Li Xin, Feng Rui, Xiang Rui, Tao Li, Zhao Yong-Peng, Tang Ping, Zuo Zhong, Gao Dian-Sa, Lou Qin, Pu Peng, Chen Yue-Ming, Chen Jie, Lv Feng-Jie, Wang Ling, Zhao Hong, Shi Qiu-Yue, He Yu-Tian, Khan Nouman Ali, Chang Jing, Mao Min
Department of Cardiovascular Medicine, The First Affiliated Hospital of Chongqing Medical University, Chongqing, China.
Department of Radiology, The First Affiliated Hospital of Chongqing Medical University, Chongqing, China.
Hypertens Res. 2025 Jan;48(1):189-199. doi: 10.1038/s41440-024-01881-7. Epub 2024 Sep 11.
Superselective adrenal artery embolization (SAAE) offers a novel approach for treating primary aldosteronism (PA). In this study, we aimed to assess the efficacy and safety of SAAE for the treatment of PA based on the lateralization results obtained from adrenal vein sampling (AVS).In this prospective study, we enrolled 40 patients with PA who underwent SAAE. The patients were categorized into two groups, unilateral PA and bilateral PA, based on AVS results. Clinical parameters and biochemical markers were assessed at 3 and 12 months postoperatively. The primary outcomes were changes in blood pressure and defined daily dose (DDD) of antihypertensive medications compared to baseline. Thirty-eight patients achieved technical success, with favorable clinical and biochemical efficacy rates. At three months postoperatively, the clinical efficacy rates were 79.2% and 78.6% for the UPA and BPA groups, respectively. At 12 months, the rates were 83.3% and 71.4%, respectively. Both groups exhibited a significant decrease in average blood pressure at 3 and 12 months compared with baseline (P < 0.001), and there was also a notable reduction in DDD (P < 0.05). At three months, the biochemical efficacy rates were 61.9% and 58.3% in the UPA and BPA groups, respectively. Due to loss to follow-up, biochemical indicators were not assessed at 12 months postoperatively. No severe adverse reactions occurred during or after SAAE. Patients with both UPA and BPA can benefit from SAAE. The superiority of bilateral adrenal artery embolization in the treatment of BPA over unilateral adrenal artery embolization requires further investigation.
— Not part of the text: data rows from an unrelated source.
-- ===== src/Hydra/Tests.antt =====
-- A configuration with one restricted client: the theorems at concrete inputs.
use mokey.Base.{
  Bool, Option, String, [], arith, false, filter, if◌then◌else◌, inr, nat_eq, none, not, refl, some,
  string_eq, true, ℕ, ◌+◌, ◌==◌, ◌∷◌, ◌≡◌, ◌⊎◌,
}
use mokey.Directory.{User, UserMethods, audit, hydra, member_of, status}
use mokey.Hydra.{
  consent_client_ids, HydraClientPolicy, client_groups_enforced, ConsentSession, HydraService,
  HydraConfig, revoke_disallowed_consents, client_allowed, add_clients, admits, first_policy,
  revoke_loop,
}
use mokey.Hydra.Flow.{
  consent_get, ConsentRequest, passes_mfa, login_oauth_get, FlowService, LoginRequest, grant,
  skip_login,
}
use mokey.Hydra.Consents.{
  revoke_each, add_pages, consent_client_ids_lem, last, more, revoke_loop_lem,
}
use mokey.Hydra.Clients.{client_allowed_entry, unenforced, client_allowed_default}
use mokey.Hydra.Flow.Laws.{consent_get_guarded, login_oauth_get_guarded, consent_get_denied}

abbrev same : String → String → Bool
same a b = a == b

abbrev wiki : HydraClientPolicy
wiki = record { client_id = "wiki"; groups = "ops" ∷ [] }

abbrev chat : HydraClientPolicy
chat = record { client_id = "chat"; groups = [] }

abbrev cfg : HydraConfig
cfg = record { policies = some (chat ∷ wiki ∷ []); default_deny = false }

abbrev open_cfg : HydraConfig
open_cfg = record { policies = some []; default_deny = false }

abbrev ann : User
ann = record {
  username = "ann";
  email = "ann@example.com";
  groups = "dev" ∷ [];
  indirect_groups = "ops" ∷ [];
  auth_types = [];
  locked = false;
  passwd_expire = 0;
}

client_allowed_entry_example :
    client_allowed same cfg "wiki" ann ≡ admits same ("ops" ∷ []) (member_of ann)
client_allowed_entry_example = client_allowed_entry same cfg (chat ∷ []) wiki [] ann refl refl refl

client_allowed_default_example : client_allowed same cfg "blog" ann ≡ true
client_allowed_default_example =
    client_allowed_default same cfg (chat ∷ wiki ∷ []) "blog" ann refl refl

unenforced_example :
    (client_groups_enforced open_cfg ≡ false) × (client_allowed same open_cfg "wiki" ann ≡ true)
unenforced_example = unenforced same open_cfg "wiki" ann (inr (refl, refl))

abbrev session_of : String → ConsentSession
session_of id = record { client = some (id, ""); grant_scope = []; handled_at = 0 }

-- Two pages of consents; a revocation is counted, and that of "blog" fails.
abbrev oauth : HydraService
oauth = record {
  State = ℕ;
  list_consents = λ s u token.
      if token == ""
      then some (session_of "wiki" ∷ session_of "chat" ∷ [], "2")
      else some (session_of "blog" ∷ [], "");
  revoke_consents = λ s u id. if id == "blog" then (false, s) else (true, s + 1);
}

revoke_run : revoke_disallowed_consents same oauth cfg 2 0 ann ≡ (1, 1)
unfolding revoke_disallowed_consents consent_client_ids add_clients mokey.Hydra.revoke_loop
    client_allowed first_policy member_of
revoke_run = refl

revoke_loop_example :
    mokey.Hydra.revoke_loop same oauth cfg 0 ann ("wiki" ∷ "chat" ∷ []) 0
    ≡ revoke_each same oauth cfg 0 ann
        (filter (λ id. not (client_allowed same cfg id ann)) ("wiki" ∷ "chat" ∷ []))
        0
revoke_loop_example = revoke_loop_lem same oauth cfg 0 ann ("wiki" ∷ "chat" ∷ []) 0

consent_client_ids_example :
    consent_client_ids same oauth cfg 5 0 "ann" [] ""
    ≡ some (
        add_pages same oauth cfg []
          ((session_of "wiki" ∷ session_of "chat" ∷ []) ∷ (session_of "blog" ∷ []) ∷ []))
consent_client_ids_example =
    consent_client_ids_lem same oauth cfg 0 "ann" ""
      ((session_of "wiki" ∷ session_of "chat" ∷ []) ∷ (session_of "blog" ∷ []) ∷ []) 5 []
      (more "" "2" (session_of "wiki" ∷ session_of "chat" ∷ []) ((session_of "blog" ∷ []) ∷ []) refl
        refl (last "2" "" (session_of "blog" ∷ []) refl refl))
      (omega arith)

abbrev methods : UserMethods
methods = record { otp_only = λ u. false; has_group = λ u g. false }

abbrev wants_wiki : ConsentRequest
wants_wiki = record { subject = "ann"; client = "wiki"; requested_scope = "openid" ∷ [] }

abbrev flow : FlowService
flow = record {
  get_consent =
      λ c. some (if c == "chat" then record wants_wiki { client = "chat" } else wants_wiki);
  accept_consent = λ c scope u. some "https://wiki";
  get_login = λ c. some (record { skip = true; subject = "ann" });
  accept_skipped = λ u c. some "https://wiki";
  accept_login = λ u c. some "https://wiki";
  get_logout = λ c. true;
  accept_logout = λ c. some "https://wiki";
  user_show = λ u. some ann;
}

consent_get_guarded_example :
    (consent : ConsentRequest) × (user : User) × (flow.get_consent "c" ≡ some consent)
    × (flow.user_show consent.subject ≡ some user)
    × (passes_mfa same methods flow cfg false user ≡ true)
    × (client_allowed same cfg consent.client user ≡ true)
    × (flow.accept_consent "c" consent.requested_scope user ≡ some "https://wiki")
unfolding consent_get grant passes_mfa client_allowed first_policy member_of
consent_get_guarded_example =
    consent_get_guarded same methods flow cfg false "c" "https://wiki" refl

consent_get_denied_example : consent_get same methods flow cfg false "chat" ≡ (
  hydra "reject_consent" "ann" "chat"
      ∷ hydra "revoke_disallowed_consents" "ann" ""
      ∷ audit "AUDIT OAuth2 client denied, user not in an allowed group" "ann"
      ∷ [],
  status 403 "hydra.client_not_allowed",
)
unfolding passes_mfa client_allowed first_policy client_groups_enforced member_of
consent_get_denied_example =
    consent_get_denied same methods flow cfg false "chat" (record wants_wiki { client = "chat" })
      ann refl refl refl refl refl

login_oauth_get_guarded_example :
    (login : LoginRequest) × (flow.get_login "c" ≡ some login)
    × (((user : User) × (login.skip ≡ true)
          × (flow.user_show login.subject ≡ some user)
          × (passes_mfa same methods flow cfg false user ≡ true)
          × (flow.accept_skipped login.subject "c" ≡ some "https://wiki"))
        ⊎ ((username : String) × (login.skip ≡ false)
            × (◌≡◌ {A = Option String} none (some username))
            × (flow.accept_login username "c" ≡ some "https://wiki")))
unfolding login_oauth_get skip_login passes_mfa
login_oauth_get_guarded_example =
    login_oauth_get_guarded same methods flow cfg false none "c" "https://wiki" false refl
超选择性肾上腺动脉栓塞术(SAAE)为原发性醛固酮增多症(PA)的治疗提供了一种新方法。在本研究中,我们旨在基于肾上腺静脉采血(AVS)获得的定位结果,评估SAAE治疗PA的疗效和安全性。在这项前瞻性研究中,我们纳入了40例行SAAE的PA患者。根据AVS结果将患者分为两组,即单侧PA组和双侧PA组。在术后3个月和12个月评估临床参数和生化指标。主要结局是与基线相比血压的变化以及降压药物的限定日剂量(DDD)。38例患者手术成功,临床和生化有效率良好。术后3个月,UPA组和BPA组的临床有效率分别为79.2%和78.6%。12个月时,有效率分别为83.3%和71.4%。与基线相比,两组在术后3个月和12个月时平均血压均显著降低(P < 0.001),DDD也显著降低(P < 0.05)。3个月时,UPA组和BPA组的生化有效率分别为61.9%和58.3%。由于失访,术后12个月未评估生化指标。SAAE术中及术后均未发生严重不良反应。UPA组和BPA组患者均可从SAAE中获益。双侧肾上腺动脉栓塞术治疗BPA优于单侧肾上腺动脉栓塞术这一优势尚需进一步研究。